● **WHAT THE TASK REQUIRES**
How many lines in these records hold the string "MutationStatus"? Reply with the number alone.
[[ SUPPLIED MATERIAL open ]]
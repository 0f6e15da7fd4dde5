-- ===== src/Agent/Workflow.antt =====
-- The allocation of a project's ports with the change of its configuration files:
-- agent/portforge_agent/workflow.py. The server behind the client is a parameter, and so is what the
-- plan makes of the manifest: the theorems hold for every plan. Times in the record are left out.
pub mod Compensation
use port_forge.Prelude.{
  ℕ, String, Option, none, some, List, [], ◌∷◌, ◌++◌, Bool, true, false, not, ◌&&◌, ◌||◌, any,
  is_some, str_eq, if◌then◌else◌,
}
use port_forge.Prelude.Result.{Result, ok, err}
use port_forge.Agent.Mutations.{
  MutationStatus, ConfigError, Failure, raised, os_error, PlannedFile, MutationRecord, Files, Store,
  World, MutationOutcome, apply_mutation, rollback_mutation,
}

-- What the manifest and its fingerprint say of the request.
pub record Manifest : Type 0 where
  pub manifest_hash : String
  pub has_config : Bool

-- What `create_allocation` answers when it succeeds.
pub record Grant : Type 0 where
  pub allocation_id : ℕ
  pub idempotent_replay : Bool
  pub is_active : Bool
  pub ports : List (String × ℕ)

pub data Reply : Type 0 where
  refused : Reply
  granted : Grant → Reply

-- `CentralClient`, over the state of what is behind it
pub record Client (Remote : Type 0) : Type 0 where
  pub create_allocation : Remote → Reply × Remote
  pub release_allocation : ℕ → Remote → Bool × Remote

pub data WorkflowStatus : Type 0 where
  failed allocated applied : WorkflowStatus

pub data CompensationAction : Type 0 where
  config_rolled_back config_not_applied config_rollback_check_failed : CompensationAction
  allocation_released allocation_release_failed allocation_preserved : CompensationAction

pub record WorkflowRecord : Type 0 where
  pub manifest_hash : String
  pub status : WorkflowStatus
  pub allocation_id : Option ℕ
  pub created_by_this_attempt : Bool
  pub mutation_id : Option String
  pub config_applied : Bool
  pub ports : List (String × ℕ)
  pub compensation : List CompensationAction

-- How a workflow fails; last, by an `OSError` that nothing in it catches.
pub data WorkflowError : Type 0 where
  idempotency_conflict allocation_unavailable state_inconsistent : WorkflowError
  compensation_failed config_failed : ConfigError → WorkflowError
  escaped_os_error : WorkflowError

module _ (Remote : Type 0) where
  -- The server, the project's directory, the record of the workflow, and the statuses with which the
  -- system lets it be saved.
  pub record Site : Type 0 where
    pub remote : Remote
    pub store : Store
    pub saved : Option WorkflowRecord
    pub is_saveable : WorkflowStatus → Bool

-- The plan of the files for an allocation: `build_plan`
abbrev pub Planner : Type 0
Planner = Files → Grant → Result Failure (List PlannedFile)

-- `persist_plan`, under a new id: a record of its own, and no backups
unfoldable pub persist_plan : String → List PlannedFile → Store → Store
persist_plan mutation_id files store = record store {
  backups = λ n. none;
  saved =
      some (record { mutation_id = mutation_id; status = MutationStatus.planned; files = files });
}

-- The first step of `_compensate`: an error of the module counts as a failed check, and an `OSError`
-- leaves no action.
roll_back_applied : World → Store → MutationStatus → Option CompensationAction × Store
roll_back_applied w store MutationStatus.applied = elim (rollback_mutation w store).0 [
  | ok r ↦ (some config_rolled_back, (rollback_mutation w store).1)
  | err (raised e) ↦ (some config_rollback_check_failed, (rollback_mutation w store).1)
  | err os_error ↦ (none, (rollback_mutation w store).1)
]
roll_back_applied w store MutationStatus.planned = (some config_not_applied, store)
roll_back_applied w store MutationStatus.rolled_back = (some config_not_applied, store)

abbrev pub singly : Option CompensationAction → Option (List CompensationAction)
singly none = none
singly (some a) = some (a ∷ [])

unfoldable pub compensate_config :
    World → Store → Option String → Option MutationRecord → Option (List CompensationAction) × Store
unfolding roll_back_applied
compensate_config w store none saved = (some [], store)
compensate_config w store (some id) none = (some (config_rollback_check_failed ∷ []), store)
compensate_config w store (some id) (some r) =
    let done = roll_back_applied w store r.status in (singly done.0, done.1)

module _ {Remote : Type 0} (c : Client Remote) where
  -- The second step: an allocation of an earlier attempt is kept.
  compensate_allocation : ℕ → Bool → Remote → CompensationAction × Remote
  compensate_allocation allocation_id created remote =
      let released = c.release_allocation allocation_id remote in
      if created
      then (if released.0 then allocation_released else allocation_release_failed, released.1)
      else (allocation_preserved, remote)

  abbrev pub is_alarm : CompensationAction → Bool
  is_alarm config_rollback_check_failed = true
  is_alarm allocation_release_failed = true
  is_alarm _ = false

  base_record : Manifest → Grant → Bool → WorkflowStatus → WorkflowRecord
  base_record m g created status = record {
    manifest_hash = m.manifest_hash;
    status = status;
    allocation_id = some g.allocation_id;
    created_by_this_attempt = created;
    mutation_id = none;
    config_applied = false;
    ports = g.ports;
    compensation = [];
  }

  abbrev pub Ending : Type 0
  Ending = Result WorkflowError WorkflowRecord × Site Remote

  -- `_save_workflow_record`, and what follows if it succeeds
  unfoldable pub save_then : WorkflowRecord → Site Remote → Ending → Ending
  save_then r site done = if site.is_saveable r.status then done else (err escaped_os_error, site)

  unfoldable pub end_with :
      Result WorkflowError WorkflowRecord → WorkflowRecord → Site Remote → Ending
  unfolding save_then
  end_with answer r site = save_then r site (answer, record site { saved = some r })

  unfoldable pub released_after :
      Manifest
      → Grant
      → Bool
      → Option String
      → ConfigError
      → Site Remote
      → Option (List CompensationAction)
      → Ending
  unfolding compensate_allocation base_record end_with
  released_after m g created mutation_id e site none = (err escaped_os_error, site)
  released_after m g created mutation_id e site (some done) =
      let allocation = compensate_allocation g.allocation_id created site.remote in
      let actions = done ++ allocation.0 ∷ [] in
      end_with (err (if any is_alarm actions then compensation_failed e else config_failed e))
        (record (base_record m g created failed) {
          mutation_id = mutation_id;
          compensation = actions;
        })
        (record site { remote = allocation.1 })

  -- The handler of a failed configuration step
  unfoldable pub compensated :
      World → Manifest → Grant → Bool → Option String → ConfigError → Site Remote → Ending
  unfolding compensate_config released_after
  compensated w m g created mutation_id e site =
      let config = compensate_config w site.store mutation_id site.store.saved in
      released_after m g created mutation_id e (record site { store = config.1 }) config.0

  unfoldable pub after_apply :
      World → Manifest → Grant → Bool → String → Site Remote → MutationOutcome → Ending
  unfolding compensated base_record end_with
  after_apply w m g created mutation_id site (ok r, store) =
      let new : WorkflowRecord = record (base_record m g created applied) {
        mutation_id = some mutation_id;
        config_applied = true;
      } in
      end_with (ok new) new (record site { store = store })
  after_apply w m g created mutation_id site (err (raised e), store) =
      compensated w m g created (some mutation_id) e (record site { store = store })
  after_apply w m g created mutation_id site (err os_error, store) =
      (err escaped_os_error, record site { store = store })

  unfoldable pub configure :
      World
      → Manifest
      → Grant
      → Bool
      → String
      → Site Remote
      → Result Failure (List PlannedFile)
      → Ending
  unfolding after_apply persist_plan
  configure w m g created mutation_id site (err (raised e)) = compensated w m g created none e site
  configure w m g created mutation_id site (err os_error) = (err escaped_os_error, site)
  configure w m g created mutation_id site (ok files) =
      let store = persist_plan mutation_id files site.store in
      let tried =
        after_apply w m g created mutation_id (record site { store = store })
          (apply_mutation w store) in
      if w.is_record_writable MutationStatus.planned then tried else (err escaped_os_error, site)

  -- From an active allocation on
  unfoldable pub with_allocation :
      World → Planner → Manifest → String → Bool → Grant → Site Remote → Ending
  unfolding configure base_record save_then
  with_allocation w plan m mutation_id created g site =
      let new = base_record m g created allocated in
      let saved : Site Remote = record site { saved = some new } in
      let tried = configure w m g created mutation_id saved (plan saved.store.files g) in
      save_then new site (if m.has_config then tried else (ok new, saved))

  abbrev pub failed_record : Manifest → Option ℕ → WorkflowRecord
  failed_record m allocation_id = record {
    manifest_hash = m.manifest_hash;
    status = failed;
    allocation_id = allocation_id;
    created_by_this_attempt = false;
    mutation_id = none;
    config_applied = false;
    ports = [];
    compensation = [];
  }

  unfoldable pub with_reply :
      World → Planner → Manifest → String → Bool → Site Remote → Reply → Ending
  unfolding with_allocation end_with
  with_reply w plan m mutation_id created site refused =
      end_with (err allocation_unavailable) (failed_record m none) site
  with_reply w plan m mutation_id created site (granted g) =
      if g.is_active
      then with_allocation w plan m mutation_id (created && not g.idempotent_replay) g site
      else end_with (err state_inconsistent) (failed_record m (some g.allocation_id)) site

  -- `existing is None or not existing.get("allocation_id")`
  abbrev pub has_no_allocation : Option WorkflowRecord → Bool
  has_no_allocation none = true
  has_no_allocation (some r) = not (is_some r.allocation_id)

  unfoldable pub allocate_and_configure : World → Planner → Manifest → String → Site Remote → Ending
  unfolding with_reply
  allocate_and_configure w plan m mutation_id site =
      let reply = c.create_allocation site.remote in
      with_reply w plan m mutation_id (has_no_allocation site.saved)
        (record site { remote = reply.1 }) reply.0

  abbrev pub is_finished : Manifest → WorkflowStatus → Bool
  is_finished m applied = true
  is_finished m allocated = not m.has_config
  is_finished m failed = false

  unfoldable pub resume :
      World → Planner → Manifest → String → Site Remote → Option WorkflowRecord → Ending
  unfolding allocate_and_configure
  resume w plan m mutation_id site none = allocate_and_configure w plan m mutation_id site
  resume w plan m mutation_id site (some r) =
      let again = allocate_and_configure w plan m mutation_id site in
      if str_eq r.manifest_hash m.manifest_hash
      then if is_finished m r.status then (ok r, site) else again
      else (err idempotency_conflict, site)

  unfoldable pub apply_workflow : World → Planner → Manifest → String → Site Remote → Ending
  unfolding resume
  apply_workflow w plan m mutation_id site = resume w plan m mutation_id site site.saved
[[ SUPPLIED MATERIAL closed ]]
● **REPLY**
7